Run Your Own Training

The environment is public and always live. No credentials needed.

Option 1 β€” HF Training Space (no setup, recommended):

  1. Open Pathikreet/ap-commander-training
  2. Click Duplicate this Space β†’ add HF_TOKEN in Settings only if using gated models (Qwen2.5 is public β€” skip this)
  3. Click Start Training β€” connects to the live environment automatically

Option 2 β€” Colab (T4 GPU):

Open training/colab_training.ipynb.
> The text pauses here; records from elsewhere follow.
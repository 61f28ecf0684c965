-- ===== src/Instruction/Dynamic.antt =====
-- An instruction in a program state: `createDynOpInfo` and `genDynInfo` of src/Instruction.cpp. Reading
-- an operand can grow the stack, so the state is passed on.
use drob.Prelude.{
  ℕ, ◌+◌, ◌%◌, ltb, Bool, true, false, Option, none, some, List, [], ◌∷◌, ◌++◌, ◌>>=◌,
  if◌then◌else◌,
}
use drob.Value.{unknown_value, imm64, get_type, is_imm, is_ptr, is_tainted, is_stack_ptr}
use drob.Registers.{Register, RegisterAccessType}
use drob.Memory.{immediate_value, UsrPtrCfg, create_mem_access, emulate_read_access}
use drob.MemProtCache.{MemoryRange, MemCfg}
use drob.Liveness.{Mask, zero_mask, fill_mask, add_mask}
use drob.Predicate.{TriState, Predicate, will_execute}
use drob.Program.{ProgramState, get_register}
use drob.Emulator.{DynamicOperandInfo, Location, reg_acc, mem_acc, encoded}
use drob.Instruction.{
  RegAccess, MemOperand, StaticOperandInfo, reg_info, mem_info, imm_info, StaticOperand,
  OperandInfo, InstructionInfo, OpcodeInfo, Refine, refined, is_read, is_write, is_conditional,
  is_special, add_addr_regs, get_info,
}

-- `DynamicInstructionInfo` with its counts, which are bit-fields of 4 bits.
pub record DynamicInstructionInfo : Type 0 where
  pub will_execute : TriState
  pub nasty : Bool
  pub operands : List DynamicOperandInfo
  pub num_input : ℕ
  pub num_input_encoded_imm : ℕ
  pub num_input_imm : ℕ
  pub num_input_ptr : ℕ
  pub num_input_stack_ptr : ℕ
  pub num_input_tainted : ℕ
  pub may_write_mem : Bool
  pub predicate_regs : Mask
  pub read_regs : Mask
  pub written_regs : Mask
  pub cond_written_regs : Mask

-- An operand before its input is read; 0 is the default input, and unknown the default output.
abbrev pub new_operand : Location → DynamicOperandInfo
new_operand loc = record {
  location = loc;
  is_input = false;
  is_output = false;
  is_cond_output = false;
  input = imm64 0;
  output = unknown_value;
}

abbrev is_encoded : Location → Bool
is_encoded encoded = true
is_encoded _ = false

-- `++` of a bit-field of 4 bits, as its bit pattern.
abbrev pub bump : ℕ → ℕ
bump n = (n + 1) % 16

-- A bit-field of 4 bits is signed: its value, and 16.
abbrev pub signed_plus16 : ℕ → ℕ
signed_plus16 n = if ltb n 8 then n + 16 else n

abbrev bump_if : Bool → ℕ → ℕ
bump_if b n = if b then bump n else n

-- "count the beans to make emulation decisions easier"
unfoldable pub count_input : DynamicInstructionInfo → DynamicOperandInfo → DynamicInstructionInfo
count_input d o =
    let t = get_type o.input in
    if o.is_input
    then (if is_imm t
        then record d {
          num_input = bump d.num_input;
          num_input_imm = bump d.num_input_imm;
          num_input_encoded_imm = bump_if (is_encoded o.location) d.num_input_encoded_imm;
        }
        else if is_tainted t
        then record d { num_input = bump d.num_input; num_input_tainted = bump d.num_input_tainted }
        else if is_ptr t
        then record d {
          num_input = bump d.num_input;
          num_input_ptr = bump d.num_input_ptr;
          num_input_stack_ptr = bump_if (is_stack_ptr t) d.num_input_stack_ptr;
        }
        else record d { num_input = bump d.num_input })
    else d

abbrev pub refine_of : Option OpcodeInfo → Option Refine
refine_of none = none
refine_of (some i) = i.refine

abbrev pub predicate_of : Option OpcodeInfo → Option (Option Predicate)
predicate_of none = none
predicate_of (some i) = some i.predicate

-- What `genDynInfo` starts with.
abbrev pub new_info : TriState → InstructionInfo → DynamicInstructionInfo
new_info executes i = record {
  will_execute = executes;
  nasty = i.nasty;
  operands = [];
  num_input = 0;
  num_input_encoded_imm = 0;
  num_input_imm = 0;
  num_input_ptr = 0;
  num_input_stack_ptr = 0;
  num_input_tainted = 0;
  may_write_mem = false;
  predicate_regs = i.predicate_regs;
  read_regs = if i.nasty then fill_mask else zero_mask;
  written_regs = if i.nasty then fill_mask else zero_mask;
  cond_written_regs = zero_mask;
}

module _ (mask_of : Register → RegisterAccessType → Mask) where
  abbrev addr_regs : Mask → StaticOperandInfo → Mask
  addr_regs mask (mem_info m) = add_addr_regs mask_of mask m.ptr
  addr_regs mask _ = mask

  -- "prepare helpful data for register liveness analysis"
  unfoldable pub add_masks :
      DynamicInstructionInfo → OperandInfo → DynamicOperandInfo → DynamicInstructionInfo
  add_masks d o dyn = elim dyn.location [
    | reg_acc reg r w ↦ record d {
      read_regs = if dyn.is_input then add_mask d.read_regs (mask_of reg r) else d.read_regs;
      cond_written_regs =
          if dyn.is_output
          then (if dyn.is_cond_output
              then add_mask d.cond_written_regs (mask_of reg w)
              else d.cond_written_regs)
          else d.cond_written_regs;
      written_regs =
          if dyn.is_output
          then (if dyn.is_cond_output
              then d.written_regs
              else add_mask d.written_regs (mask_of reg w))
          else d.written_regs;
    }
    | mem_acc ptr size ↦
        let seen = if dyn.is_input then addr_regs d.read_regs o.info else d.read_regs in
        record d {
          read_regs = if dyn.is_output then addr_regs seen o.info else seen;
          may_write_mem = if dyn.is_output then true else d.may_write_mem;
        }
    | encoded ↦ d
  ]

  -- One round of the loop, with the operand at hand.
  unfoldable pub take_operand :
      DynamicInstructionInfo → OperandInfo → DynamicOperandInfo → DynamicInstructionInfo
  unfolding count_input add_masks
  take_operand d o dyn =
      let d' = add_masks (count_input d dyn) o dyn in
      record d' { operands = d'.operands ++ dyn ∷ [] }

module _ (memory : ℕ → ℕ) (ranges : List MemoryRange) (mems : List MemCfg)
    (usr_ptrs : List UsrPtrCfg) where
  -- The case of a register.
  create_dyn_reg : RegAccess → ProgramState → Option (DynamicOperandInfo × ProgramState)
  create_dyn_reg a ps = do
    v ← (if is_read a.mode then get_register ps a.reg a.r else some (imm64 0))
    some (
      record (new_operand (reg_acc a.reg a.r a.w)) {
        input = v;
        is_input = is_read a.mode;
        is_output = is_write a.mode;
        is_cond_output = if is_write a.mode then is_conditional a.mode else false;
      },
      ps,
    )

  -- The case of memory.
  create_dyn_mem : MemOperand → ProgramState → Option (DynamicOperandInfo × ProgramState)
  create_dyn_mem m ps = do
    ptr ← create_mem_access m.ptr ps
    r ←
        (if is_read m.mode
          then emulate_read_access memory ranges mems usr_ptrs ptr m.size ps
          else some (if is_special m.mode then ptr else imm64 0, ps))
    some (
      record (new_operand (mem_acc ptr m.size)) {
        input = r.0;
        is_input = if is_special m.mode then true else is_read m.mode;
        is_output = is_write m.mode;
        is_cond_output = if is_write m.mode then is_conditional m.mode else false;
      },
      r.1,
    )

  create_dyn : OperandInfo → ProgramState → Option (DynamicOperandInfo × ProgramState)
  unfolding create_dyn_reg create_dyn_mem
  create_dyn o ps = elim o.info [
    | reg_info a ↦ create_dyn_reg a ps
    | mem_info m ↦ create_dyn_mem m ps
    | imm_info imm ↦ some (
      record (new_operand encoded) { input = immediate_value imm imm.usr_ptr; is_input = true },
      ps,
    )
  ]

  abbrev is_immediate : StaticOperandInfo → Bool
  is_immediate (imm_info imm) = true
  is_immediate _ = false

  -- `createDynOpInfo`: a register or memory operand is refined with the state.
  unfoldable pub create_dyn_op_info :
      Option Refine
      → List StaticOperand
      → OperandInfo
      → ProgramState
      → Option (DynamicOperandInfo × ProgramState)
  unfolding create_dyn
  create_dyn_op_info refine ops o ps = do
    o' ← (if is_immediate o.info then some o else refined refine ops (some ps) o)
    create_dyn o' ps

  module _ (mask_of : Register → RegisterAccessType → Mask) where
    -- "Convert all operands using runtime information"
    unfoldable pub dyn_operands :
        Option Refine
        → List StaticOperand
        → List OperandInfo
        → DynamicInstructionInfo
        → ProgramState
        → Option (DynamicInstructionInfo × ProgramState)
    unfolding create_dyn_op_info take_operand
    dyn_operands refine ops [] d ps = some (d, ps)
    dyn_operands refine ops (o ∷ rest) d ps = do
      r ← create_dyn_op_info refine ops o ps
      dyn_operands refine ops rest (take_operand mask_of d o r.0) r.1

    -- `genDynInfo`
    unfoldable pub gen_dyn_info :
        Option OpcodeInfo
        → List StaticOperand
        → ProgramState
        → Option (DynamicInstructionInfo × ProgramState)
    unfolding dyn_operands
    gen_dyn_info opcode_info ops ps = do
      i ← get_info mask_of opcode_info ops
      executes ← will_execute (predicate_of opcode_info) ps
      dyn_operands (refine_of opcode_info) ops i.operands (new_info executes i) ps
Connects to the live environment over HTTP, runs the full GRPO loop, saves results and LoRA adapter locally or to Google Drive.

Option 3 β€” Local:

git clone https://github.com/Vayuputra2401/RL-Agent
pip install trl>=0.15.0 peft transformers bitsandbytes accelerate requests datasets
MODEL_NAME=Qwen/Qwen2.5-1.5B-Instruct NUM_EPOCHS=3 python training/train.py

All results save to timestamped folders under runs/ β€” re-running never overwrites a previous run.


Links


The model started at 0.486 β€” unable to query a vendor before rejecting, unable to trace a duplicate chain, defaulting to one-shot decisions on tasks that require investigation. Four runs later it sits at 0.803 and is still climbing. The reward signal is working.